__Data for this task__

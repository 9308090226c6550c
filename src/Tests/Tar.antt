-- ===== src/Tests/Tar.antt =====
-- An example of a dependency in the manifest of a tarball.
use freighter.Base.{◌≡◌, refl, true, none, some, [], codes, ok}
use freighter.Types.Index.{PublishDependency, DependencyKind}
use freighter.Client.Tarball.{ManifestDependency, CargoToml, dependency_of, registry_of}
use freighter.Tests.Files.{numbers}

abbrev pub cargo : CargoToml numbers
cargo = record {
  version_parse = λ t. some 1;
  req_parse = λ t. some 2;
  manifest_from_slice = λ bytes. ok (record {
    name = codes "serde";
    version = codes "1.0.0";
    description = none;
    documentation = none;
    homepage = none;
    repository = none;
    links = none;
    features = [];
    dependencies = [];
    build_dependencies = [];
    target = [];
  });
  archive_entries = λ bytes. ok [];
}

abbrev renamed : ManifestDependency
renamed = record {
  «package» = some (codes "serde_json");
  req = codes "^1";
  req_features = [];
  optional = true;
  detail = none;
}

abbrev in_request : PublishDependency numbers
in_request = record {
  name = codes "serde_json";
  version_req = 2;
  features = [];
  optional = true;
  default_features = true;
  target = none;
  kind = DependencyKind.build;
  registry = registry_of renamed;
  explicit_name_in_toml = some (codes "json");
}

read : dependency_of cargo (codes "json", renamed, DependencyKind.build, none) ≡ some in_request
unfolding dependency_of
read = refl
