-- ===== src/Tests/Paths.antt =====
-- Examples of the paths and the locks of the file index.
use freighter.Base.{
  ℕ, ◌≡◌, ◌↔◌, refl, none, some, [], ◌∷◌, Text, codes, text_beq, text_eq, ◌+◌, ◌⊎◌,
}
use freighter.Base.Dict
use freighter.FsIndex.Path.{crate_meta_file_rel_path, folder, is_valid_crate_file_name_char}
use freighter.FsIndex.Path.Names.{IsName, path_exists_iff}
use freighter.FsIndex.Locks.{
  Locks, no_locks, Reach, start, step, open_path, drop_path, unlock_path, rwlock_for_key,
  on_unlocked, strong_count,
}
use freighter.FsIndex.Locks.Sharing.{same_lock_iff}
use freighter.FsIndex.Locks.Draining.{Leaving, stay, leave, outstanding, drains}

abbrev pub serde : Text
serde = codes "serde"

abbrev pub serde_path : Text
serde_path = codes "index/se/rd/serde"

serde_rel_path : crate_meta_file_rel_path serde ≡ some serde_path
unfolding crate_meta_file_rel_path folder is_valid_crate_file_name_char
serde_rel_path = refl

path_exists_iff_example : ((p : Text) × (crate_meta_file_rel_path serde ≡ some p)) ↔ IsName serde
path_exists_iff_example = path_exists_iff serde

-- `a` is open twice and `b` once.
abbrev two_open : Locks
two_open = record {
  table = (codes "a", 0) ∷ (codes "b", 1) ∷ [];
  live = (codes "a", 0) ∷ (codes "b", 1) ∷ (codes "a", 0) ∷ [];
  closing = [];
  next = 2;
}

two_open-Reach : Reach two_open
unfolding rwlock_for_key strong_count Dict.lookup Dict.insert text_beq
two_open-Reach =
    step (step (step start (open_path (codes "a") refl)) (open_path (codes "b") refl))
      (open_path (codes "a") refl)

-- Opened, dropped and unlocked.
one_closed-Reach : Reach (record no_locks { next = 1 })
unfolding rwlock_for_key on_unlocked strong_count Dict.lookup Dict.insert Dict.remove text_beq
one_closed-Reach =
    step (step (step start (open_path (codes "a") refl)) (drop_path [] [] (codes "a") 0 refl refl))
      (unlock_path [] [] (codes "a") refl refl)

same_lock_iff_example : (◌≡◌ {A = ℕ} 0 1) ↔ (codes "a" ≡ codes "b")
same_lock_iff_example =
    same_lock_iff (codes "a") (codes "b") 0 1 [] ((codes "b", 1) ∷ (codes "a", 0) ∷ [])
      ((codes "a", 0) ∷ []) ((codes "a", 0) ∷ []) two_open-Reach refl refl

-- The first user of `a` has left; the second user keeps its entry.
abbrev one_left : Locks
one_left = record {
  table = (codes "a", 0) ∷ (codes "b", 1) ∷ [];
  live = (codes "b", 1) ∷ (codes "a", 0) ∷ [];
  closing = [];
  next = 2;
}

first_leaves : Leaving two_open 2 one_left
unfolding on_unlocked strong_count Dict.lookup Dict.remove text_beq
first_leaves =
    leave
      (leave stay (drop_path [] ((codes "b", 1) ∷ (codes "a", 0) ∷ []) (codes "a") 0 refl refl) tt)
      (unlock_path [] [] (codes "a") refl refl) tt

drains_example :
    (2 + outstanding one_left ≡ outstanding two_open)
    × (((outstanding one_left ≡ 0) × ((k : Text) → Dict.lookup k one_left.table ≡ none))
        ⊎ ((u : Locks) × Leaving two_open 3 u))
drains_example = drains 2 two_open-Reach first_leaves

==

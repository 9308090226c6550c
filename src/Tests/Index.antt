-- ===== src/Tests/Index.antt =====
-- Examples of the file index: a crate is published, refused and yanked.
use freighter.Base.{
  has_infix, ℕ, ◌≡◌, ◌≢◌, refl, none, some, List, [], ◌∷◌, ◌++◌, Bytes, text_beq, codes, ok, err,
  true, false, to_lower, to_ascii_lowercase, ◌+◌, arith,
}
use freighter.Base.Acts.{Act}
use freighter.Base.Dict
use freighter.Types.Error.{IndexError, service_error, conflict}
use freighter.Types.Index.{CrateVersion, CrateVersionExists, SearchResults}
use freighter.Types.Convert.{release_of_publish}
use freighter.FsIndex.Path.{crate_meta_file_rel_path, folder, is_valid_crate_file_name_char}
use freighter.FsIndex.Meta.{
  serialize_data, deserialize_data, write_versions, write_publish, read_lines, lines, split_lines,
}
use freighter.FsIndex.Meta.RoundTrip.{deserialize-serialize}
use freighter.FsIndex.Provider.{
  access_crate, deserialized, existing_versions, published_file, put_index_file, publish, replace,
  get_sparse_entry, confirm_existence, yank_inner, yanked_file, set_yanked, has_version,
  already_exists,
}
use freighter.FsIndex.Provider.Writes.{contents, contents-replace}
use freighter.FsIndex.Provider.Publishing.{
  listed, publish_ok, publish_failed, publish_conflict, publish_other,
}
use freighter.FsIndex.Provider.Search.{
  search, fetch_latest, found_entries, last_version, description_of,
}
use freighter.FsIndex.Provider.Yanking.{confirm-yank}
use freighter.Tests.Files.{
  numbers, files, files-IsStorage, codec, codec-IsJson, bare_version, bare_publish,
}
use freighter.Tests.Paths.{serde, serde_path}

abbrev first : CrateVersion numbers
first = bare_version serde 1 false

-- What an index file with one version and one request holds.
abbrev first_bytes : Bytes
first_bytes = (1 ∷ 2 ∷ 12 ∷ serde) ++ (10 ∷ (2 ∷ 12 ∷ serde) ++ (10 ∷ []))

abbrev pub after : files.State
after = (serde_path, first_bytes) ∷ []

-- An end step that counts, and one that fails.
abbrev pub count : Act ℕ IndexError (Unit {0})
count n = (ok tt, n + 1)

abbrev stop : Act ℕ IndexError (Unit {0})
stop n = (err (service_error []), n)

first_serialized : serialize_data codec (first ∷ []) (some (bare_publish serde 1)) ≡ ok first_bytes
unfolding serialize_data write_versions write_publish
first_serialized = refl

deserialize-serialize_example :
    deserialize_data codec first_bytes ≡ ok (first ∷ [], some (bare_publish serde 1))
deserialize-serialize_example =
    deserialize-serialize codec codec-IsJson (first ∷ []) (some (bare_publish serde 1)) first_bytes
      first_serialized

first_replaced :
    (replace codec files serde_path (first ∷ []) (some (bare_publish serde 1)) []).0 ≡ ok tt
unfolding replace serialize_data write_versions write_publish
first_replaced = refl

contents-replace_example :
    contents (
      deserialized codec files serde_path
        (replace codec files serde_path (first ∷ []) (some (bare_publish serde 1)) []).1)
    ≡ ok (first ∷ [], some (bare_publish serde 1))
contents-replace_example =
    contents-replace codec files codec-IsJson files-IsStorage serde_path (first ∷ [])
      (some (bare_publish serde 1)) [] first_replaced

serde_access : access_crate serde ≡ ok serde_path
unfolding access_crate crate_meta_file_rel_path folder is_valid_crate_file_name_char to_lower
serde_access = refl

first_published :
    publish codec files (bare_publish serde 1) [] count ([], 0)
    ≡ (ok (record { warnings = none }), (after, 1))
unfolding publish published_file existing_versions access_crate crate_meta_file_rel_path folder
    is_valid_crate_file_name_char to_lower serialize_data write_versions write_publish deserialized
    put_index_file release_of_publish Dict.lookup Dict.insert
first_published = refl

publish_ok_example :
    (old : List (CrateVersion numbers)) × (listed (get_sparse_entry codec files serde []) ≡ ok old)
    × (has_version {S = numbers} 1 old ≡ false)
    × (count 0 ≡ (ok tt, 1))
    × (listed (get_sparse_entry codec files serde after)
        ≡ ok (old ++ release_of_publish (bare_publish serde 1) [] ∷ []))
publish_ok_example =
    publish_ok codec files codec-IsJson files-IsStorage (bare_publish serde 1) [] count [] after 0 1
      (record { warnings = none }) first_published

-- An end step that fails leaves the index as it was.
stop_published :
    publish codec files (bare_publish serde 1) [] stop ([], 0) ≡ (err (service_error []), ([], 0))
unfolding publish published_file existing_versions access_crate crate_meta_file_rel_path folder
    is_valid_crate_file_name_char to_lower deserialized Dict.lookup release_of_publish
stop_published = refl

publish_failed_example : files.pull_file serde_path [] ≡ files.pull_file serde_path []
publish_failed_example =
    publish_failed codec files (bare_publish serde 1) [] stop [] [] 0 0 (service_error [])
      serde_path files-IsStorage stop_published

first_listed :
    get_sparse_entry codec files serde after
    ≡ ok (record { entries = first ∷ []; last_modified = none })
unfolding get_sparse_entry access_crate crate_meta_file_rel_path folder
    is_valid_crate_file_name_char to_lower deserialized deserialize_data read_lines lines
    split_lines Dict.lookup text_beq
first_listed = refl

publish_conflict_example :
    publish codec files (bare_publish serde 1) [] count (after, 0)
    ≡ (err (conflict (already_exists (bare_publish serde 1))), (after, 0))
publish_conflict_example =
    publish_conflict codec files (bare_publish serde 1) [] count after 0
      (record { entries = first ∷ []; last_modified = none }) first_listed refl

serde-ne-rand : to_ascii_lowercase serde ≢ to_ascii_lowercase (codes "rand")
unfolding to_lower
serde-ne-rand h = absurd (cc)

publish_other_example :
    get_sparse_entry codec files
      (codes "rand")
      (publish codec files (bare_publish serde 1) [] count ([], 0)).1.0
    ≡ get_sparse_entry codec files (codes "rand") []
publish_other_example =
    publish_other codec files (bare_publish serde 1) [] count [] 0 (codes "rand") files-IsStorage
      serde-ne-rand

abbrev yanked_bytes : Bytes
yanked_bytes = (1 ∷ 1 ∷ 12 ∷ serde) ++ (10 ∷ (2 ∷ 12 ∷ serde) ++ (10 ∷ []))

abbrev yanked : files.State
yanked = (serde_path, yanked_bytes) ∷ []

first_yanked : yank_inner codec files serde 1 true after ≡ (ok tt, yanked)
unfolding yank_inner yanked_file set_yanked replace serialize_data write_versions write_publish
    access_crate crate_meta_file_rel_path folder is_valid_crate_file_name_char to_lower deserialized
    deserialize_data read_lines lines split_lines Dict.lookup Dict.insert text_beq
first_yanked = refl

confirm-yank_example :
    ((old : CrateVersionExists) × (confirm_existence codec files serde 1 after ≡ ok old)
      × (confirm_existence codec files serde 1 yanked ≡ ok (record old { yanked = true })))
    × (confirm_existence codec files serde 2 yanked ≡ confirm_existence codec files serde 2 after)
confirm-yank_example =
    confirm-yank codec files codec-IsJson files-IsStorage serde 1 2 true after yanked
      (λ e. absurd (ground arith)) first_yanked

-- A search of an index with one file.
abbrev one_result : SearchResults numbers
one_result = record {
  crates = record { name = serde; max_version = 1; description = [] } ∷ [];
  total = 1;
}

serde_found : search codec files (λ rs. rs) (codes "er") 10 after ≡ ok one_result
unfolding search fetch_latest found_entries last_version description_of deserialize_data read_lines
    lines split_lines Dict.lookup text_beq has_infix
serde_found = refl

__Required work__
Reproduce only the lines above spanning from the line containing "-- What an index" through the line containing "abbrev stop : Act", word for word.

__Answer box__
-- What an index file with one version and one request holds.
abbrev first_bytes : Bytes
first_bytes = (1 ∷ 2 ∷ 12 ∷ serde) ++ (10 ∷ (2 ∷ 12 ∷ serde) ++ (10 ∷ []))

abbrev pub after : files.State
after = (serde_path, first_bytes) ∷ []

-- An end step that counts, and one that fails.
abbrev pub count : Act ℕ IndexError (Unit {0})
count n = (ok tt, n + 1)

abbrev stop : Act ℕ IndexError (Unit {0})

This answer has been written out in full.